(Dataset entries)
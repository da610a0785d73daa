-- ===== src/GtidManager/State.antt =====
-- `GtidManager` of binlog/gtid_manager.{h,cpp}: its state and the operations that change it.
use Prim.Native.Nat.{max}
use oblogproxy.Common.{
  ℕ, ◌+◌, ◌-◌, ◌/◌, ◌%◌, ◌^◌, List, [], ◌∷◌, ◌++◌, Bool, true, false, not, ◌&&◌, ◌||◌,
  if◌then◌else◌, ltb, leb, ◌==◌, Option, none, some,
}
use oblogproxy.Text.Lines.{newline, lines, unlines}
use oblogproxy.GtidSet.Message.{GtidMessage}
use oblogproxy.GtidSet.Before.{merge_gtid_before}
use oblogproxy.GtidManager.Seq.{GtidSeq, no_gtid_seq, serialize, deserialize}

-- `gtid_file` is what the file of sequences holds.
pub record GtidManager : Type 0 where
  pub nof_trx : ℕ
  pub curr_hb_checkpoint : ℕ
  pub curr_trx_checkpoint : ℕ
  pub last_saved_commit_version_high : ℕ
  pub first_entry_after_restarted : Bool
  pub gtid_checkpoint_set : List GtidSeq
  pub last_gtid_purged : ℕ
  pub last_checkpoint_purged : ℕ
  pub gtid_seq_set : List (ℕ × List ℕ)
  pub gtid_purged_set : List GtidMessage
  pub gtid_executed_set : List GtidMessage
  pub gtid_file : List ℕ

-- What the code takes from `s_config` and from `s_meta`. `outdated_after` is the value of
-- `(int)(1.2 * (double)binlog_expire_logs_seconds)`.
pub record Config : Type 0 where
  pub gtid_marking_step_size : ℕ
  pub gtid_seq_compressed_interval_s : ℕ
  pub gtid_seq_compressed_trx_size : ℕ
  pub gtid_memory_cache_seconds : ℕ
  pub max_incr_gtid_seqs_num : ℕ
  pub binlog_expire_logs_seconds : ℕ
  pub outdated_after : ℕ
  pub master_server_uuid : List ℕ

-- How the calls of the file system end: appending a line, opening the file, renaming. A write that
-- fails leaves its file as it was.
pub record GtidIo : Type 0 where
  pub appends : List ℕ → Bool
  pub opens : Bool
  pub renames : Bool

-- Subtraction of `uint64_t`.
abbrev pub sub_uint64 : ℕ → ℕ → ℕ
sub_uint64 a b = (a + (2 ^ 64 - b)) % 2 ^ 64

unfoldable pub mark_event : Config → Bool → ℕ → List ℕ × ℕ → GtidManager → GtidManager
mark_event config true checkpoint trx m = record m { curr_hb_checkpoint = checkpoint / 1000000 }
mark_event config false checkpoint trx m = record m {
  nof_trx = (m.nof_trx + 1) % 2 ^ 64;
  curr_trx_checkpoint = checkpoint / 1000000;
  gtid_checkpoint_set =
      if trx.1 % config.gtid_marking_step_size == 0
      then m.gtid_checkpoint_set
        ++ record {
          commit_version_start = checkpoint / 1000000;
          xid_start = trx.0;
          gtid_start = trx.1;
          trxs_num = 0;
        }
          ∷ []
      else m.gtid_checkpoint_set;
}

-- The loop that drops cached sequences from the front.
unfoldable pub drop_outdated : ℕ → ℕ → List (ℕ × List ℕ) → List (ℕ × List ℕ)
drop_outdated cache_seconds current [] = []
drop_outdated cache_seconds current (entry ∷ entries) =
    let rest = drop_outdated cache_seconds current entries in
    if ltb (sub_uint64 current entry.0) cache_seconds then entry ∷ entries else rest

abbrev pub last_entry : List (ℕ × List ℕ) → Option (ℕ × List ℕ)
last_entry [] = none
last_entry (entry ∷ []) = some entry
last_entry (entry ∷ next ∷ rest) = last_entry (next ∷ rest)

-- Is the sequence not later than the last cached one, right after a restart?
unfoldable pub is_skipped : GtidSeq → GtidManager → Bool
unfolding deserialize
is_skipped s m = elim (last_entry m.gtid_seq_set) [
  | none ↦ false
  | some entry ↦
      m.first_entry_after_restarted
      && leb s.commit_version_start (deserialize no_gtid_seq entry.1).commit_version_start
]

unfoldable pub save_gtid_seq : Config → GtidIo → GtidSeq → GtidManager → GtidManager × Bool
unfolding is_skipped drop_outdated serialize
save_gtid_seq config io s m =
    let text = serialize s in
    let cached = record m {
      gtid_seq_set =
          drop_outdated config.gtid_memory_cache_seconds s.commit_version_start m.gtid_seq_set
          ++ (s.commit_version_start, text) ∷ [];
    } in
    let stored = record cached {
      first_entry_after_restarted = false;
      gtid_file = m.gtid_file ++ (text ++ newline ∷ []);
    } in
    if is_skipped s m
    then (m, true)
    else if io.appends text
    then (stored, true)
    else (cached, false)

-- The lines that stay and the version of the first of them. As in the code, 0 stands for none yet.
unfoldable pub filter_lines : (GtidSeq → Bool) → List (List ℕ) → ℕ → List (List ℕ) × ℕ
unfolding deserialize
filter_lines test [] checkpoint = ([], checkpoint)
filter_lines test (line ∷ ls) checkpoint =
    let s = deserialize no_gtid_seq line in
    let (kept, found) =
      filter_lines test ls
        (if test s && (checkpoint == 0) then s.commit_version_start else checkpoint) in
    (if test s then line ∷ kept else kept, found)

unfoldable pub rewrite_gtid_file : GtidIo → (GtidSeq → Bool) → Bool → GtidManager → GtidManager
unfolding filter_lines lines unlines
rewrite_gtid_file io test update_first_checkpoint m =
    let (kept, first_checkpoint) = filter_lines test (lines m.gtid_file) 0 in
    if io.opens
    then record m {
      gtid_file = if io.renames then unlines kept else m.gtid_file;
      last_checkpoint_purged =
          if update_first_checkpoint then first_checkpoint else m.last_checkpoint_purged;
    }
    else m

-- `update_gtid_purged` and `update_gtid_executed`; the system variables that they also set are the
-- texts of these sets.
unfoldable pub update_gtid_purged : Config → ℕ → GtidManager → GtidManager
unfolding merge_gtid_before
update_gtid_purged config gtid m = record m {
  last_gtid_purged = gtid;
  gtid_purged_set = merge_gtid_before config.master_server_uuid m.gtid_purged_set (1, gtid);
}

unfoldable pub update_gtid_executed : Config → ℕ → GtidManager → GtidManager
unfolding merge_gtid_before
update_gtid_executed config gtid m = record m {
  gtid_executed_set = merge_gtid_before config.master_server_uuid m.gtid_executed_set (1, gtid);
}

unfoldable pub purge_gtid_before : Config → GtidIo → ℕ → GtidManager → GtidManager
unfolding rewrite_gtid_file update_gtid_purged
purge_gtid_before config io last_gtid_purged m =
    update_gtid_purged config last_gtid_purged
      (rewrite_gtid_file io (λ s. ltb last_gtid_purged s.gtid_start) true m)

-- `elapsed` is the difference as an `int`, of 32 bits.
unfoldable pub is_outdated : Config → ℕ → GtidManager → Bool
is_outdated config current m =
    let elapsed = sub_uint64 current m.last_checkpoint_purged % 2 ^ 32 in
    ltb elapsed (2 ^ 31) && ltb config.outdated_after elapsed

abbrev pub is_nil : List ℕ → Bool
is_nil [] = true
is_nil (x ∷ xs) = false

-- A sequence that is not a heartbeat stays whatever its version.
abbrev pub outlives : ℕ → GtidSeq → Bool
outlives purged s =
    leb purged s.commit_version_start
    || (ltb s.commit_version_start purged && not (is_nil s.xid_start))

unfoldable pub clear_outdated_heartbeat_gtid_seqs_periodically :
    Config → GtidIo → ℕ → GtidManager → GtidManager
unfolding is_outdated rewrite_gtid_file
clear_outdated_heartbeat_gtid_seqs_periodically config io current m =
    let purged = sub_uint64 current config.binlog_expire_logs_seconds in
    if is_outdated config current m
    then rewrite_gtid_file io (outlives purged) false (record m { last_checkpoint_purged = purged })
    else m

-- The results of the single saves are only logged.
unfoldable pub save_all : Config → GtidIo → List GtidSeq → GtidManager → GtidManager
unfolding save_gtid_seq
save_all config io [] m = m
save_all config io (s ∷ ss) m = save_all config io ss (save_gtid_seq config io s m).0

-- The sequence that step 2 of `compress_and_save_gtid_seq` makes.
abbrev pub compressed : List ℕ × ℕ → GtidManager → GtidSeq
compressed trx m = record {
  commit_version_start = if ltb 0 m.nof_trx then m.curr_trx_checkpoint else m.curr_hb_checkpoint;
  xid_start = if ltb 0 m.nof_trx then trx.0 else [];
  gtid_start = trx.1;
  trxs_num = m.nof_trx;
}

unfoldable pub is_due : Config → ℕ → GtidManager → Bool
is_due config high m =
    not (leb high m.last_saved_commit_version_high)
    && (leb config.gtid_seq_compressed_interval_s (high - m.last_saved_commit_version_high)
        || leb config.gtid_seq_compressed_trx_size m.nof_trx)

unfoldable pub compress_and_save_gtid_seq : Config → GtidIo → List ℕ × ℕ → GtidManager → GtidManager
unfolding save_all save_gtid_seq is_due clear_outdated_heartbeat_gtid_seqs_periodically
compress_and_save_gtid_seq config io trx m =
    let saved = record (save_all config io m.gtid_checkpoint_set m) { gtid_checkpoint_set = [] } in
    let high = max saved.curr_hb_checkpoint saved.curr_trx_checkpoint in
    if is_due config high saved
    then clear_outdated_heartbeat_gtid_seqs_periodically config io high
        (record (save_gtid_seq config io (compressed trx saved) saved).0 {
          last_saved_commit_version_high = high;
          nof_trx = 0;
        })
    else saved
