-- ===== src/GtidManager/Restart.antt =====
-- `init_gtid_seq` and `read_last_valid_gtid_seq` of binlog/gtid_manager.cpp, which a start calls,
-- and the operations that only read the cached sequences.
use oblogproxy.Common.{
  ℕ, ◌+◌, ◌%◌, ◌^◌, List, [], ◌∷◌, ◌++◌, Bool, true, false, not, ◌&&◌, ◌||◌, if◌then◌else◌, ltb,
  leb, ◌==◌, Option, none, some,
}
use oblogproxy.Text.Lines.{lines}
use oblogproxy.GtidManager.Seq.{GtidSeq, no_gtid_seq, deserialize}
use oblogproxy.GtidManager.State.{GtidManager, Config, sub_uint64, last_entry, is_nil}

abbrev pub reverse_lines : List (List ℕ) → List (List ℕ) → List (List ℕ)
reverse_lines [] out = out
reverse_lines (l ∷ ls) out = reverse_lines ls (l ∷ out)

-- The lines from the last to the first, up to one with a version that is not 0. The code finds them
-- by their newlines, from the end of the file.
unfoldable pub read_backwards : List (List ℕ) → GtidSeq → GtidSeq
unfolding deserialize
read_backwards [] s = s
read_backwards (line ∷ ls) s =
    if s.commit_version_start == 0 then read_backwards ls (deserialize s line) else s

unfoldable pub read_last_valid_gtid_seq : List ℕ → GtidSeq → GtidSeq
unfolding read_backwards lines
read_last_valid_gtid_seq file s = read_backwards (reverse_lines (lines file) []) s

-- What the loop of `init_gtid_seq` changes; `local` is its object, which a malformed line leaves.
pub record Loaded : Type 0 where
  pub purged : ℕ
  pub cached : List (ℕ × List ℕ)

unfoldable pub load_lines : Config → ℕ → List (List ℕ) → GtidSeq → ℕ → Loaded
unfolding deserialize
load_lines config last_checkpoint [] local purged = record { purged = purged; cached = [] }
load_lines config last_checkpoint (line ∷ ls) local purged =
    let s = deserialize local line in
    let rest =
      load_lines config last_checkpoint ls s
        (if purged == 0 then s.commit_version_start else purged) in
    if ltb (sub_uint64 last_checkpoint s.commit_version_start) config.gtid_memory_cache_seconds
    then record rest { cached = (s.commit_version_start, line) ∷ rest.cached }
    else rest

-- `opens`: does the file open? `now_s` is the clock.
unfoldable pub init_gtid_seq : Config → Bool → ℕ → GtidManager → GtidManager
unfolding read_last_valid_gtid_seq load_lines lines
init_gtid_seq config opens now_s m =
    let last = read_last_valid_gtid_seq m.gtid_file no_gtid_seq in
    let last_checkpoint =
      if last.commit_version_start == 0 then now_s else last.commit_version_start in
    let loaded =
      load_lines config last_checkpoint (lines m.gtid_file) no_gtid_seq m.last_checkpoint_purged in
    if opens
    then record m {
      last_checkpoint_purged = loaded.purged;
      gtid_seq_set = m.gtid_seq_set ++ loaded.cached;
      first_entry_after_restarted = true;
    }
    else m

-- `GtidManager(gtid_seq_filename)`, with what the file holds.
abbrev pub new_gtid_manager : List ℕ → GtidManager
new_gtid_manager file = record {
  nof_trx = 0;
  curr_hb_checkpoint = 0;
  curr_trx_checkpoint = 0;
  last_saved_commit_version_high = 0;
  first_entry_after_restarted = false;
  gtid_checkpoint_set = [];
  last_gtid_purged = 0;
  last_checkpoint_purged = 0;
  gtid_seq_set = [];
  gtid_purged_set = [];
  gtid_executed_set = [];
  gtid_file = file;
}

unfoldable pub init_start_timestamp : ℕ → GtidManager → GtidManager
init_start_timestamp start_timestamp m = record m {
  last_saved_commit_version_high = start_timestamp;
}

-- `none` is OMS_FAILED.
unfoldable pub get_latest_gtid_seq : GtidSeq → GtidManager → Option GtidSeq
unfolding deserialize
get_latest_gtid_seq old m = elim (last_entry m.gtid_seq_set) [
  | none ↦ none
  | some entry ↦ some (deserialize old entry.1)
]

-- The loop of `get_first_le_gtid_seq`, over the cached sequences from the last to the first.
unfoldable pub first_le : ℕ → List (ℕ × List ℕ) → Option GtidSeq
unfolding deserialize
first_le gtid [] = none
first_le gtid (entry ∷ entries) =
    let s = deserialize no_gtid_seq entry.1 in
    let rest = first_le gtid entries in
    if ltb s.gtid_start gtid || ((s.gtid_start == gtid) && not (is_nil s.xid_start))
    then some s
    else rest

abbrev pub reverse_entries : List (ℕ × List ℕ) → List (ℕ × List ℕ) → List (ℕ × List ℕ)
reverse_entries [] out = out
reverse_entries (e ∷ es) out = reverse_entries es (e ∷ out)

unfoldable pub get_first_le_gtid_seq : ℕ → GtidManager → Option GtidSeq
unfolding first_le
get_first_le_gtid_seq gtid m = first_le gtid (reverse_entries m.gtid_seq_set [])

-- The loops of `get_instance_incr_gtids_string`, over the versions and the texts: each text behind
-- the timestamp with '|' behind it, up to the first text with which there are more than `most`.
unfoldable pub append_later : ℕ → ℕ → ℕ → List (ℕ × List ℕ) → List ℕ → List ℕ
append_later most timestamp count [] gtids = gtids
append_later most timestamp count ((version, text) ∷ rest) gtids =
    let later = ltb timestamp version in
    let gtids' = if later then gtids ++ text ++ b'|' ∷ [] else gtids in
    let count' = if later then (count + 1) % 2 ^ 32 else count in
    let all = append_later most timestamp count' rest gtids' in
    if ltb most count' then gtids' else all

abbrev pub numbered_lines : List (List ℕ) → List (ℕ × List ℕ)
numbered_lines [] = []
numbered_lines (l ∷ ls) = ((deserialize no_gtid_seq l).commit_version_start, l) ∷ numbered_lines ls

abbrev pub pop_back : List ℕ → List ℕ
pop_back [] = []
pop_back (b ∷ []) = []
pop_back (b ∷ c ∷ bs) = b ∷ pop_back (c ∷ bs)

-- From the cache, or from the file where the timestamp is before the first cached version.
unfoldable pub get_instance_incr_gtids_string : Config → Bool → ℕ → List ℕ → GtidManager → List ℕ
unfolding append_later lines
get_instance_incr_gtids_string config opens timestamp gtids m = elim m.gtid_seq_set [
  | [] ↦ gtids
  | front ∷ entries ↦
      if leb front.0 timestamp
      then pop_back (append_later config.max_incr_gtid_seqs_num timestamp 0 (front ∷ entries) gtids)
      else if opens
      then pop_back (
          append_later config.max_incr_gtid_seqs_num timestamp 0
            (numbered_lines (lines m.gtid_file)) gtids)
      else gtids
]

**Your task**
Give only the count of lines in the data that include the string "false".

**Response box**
9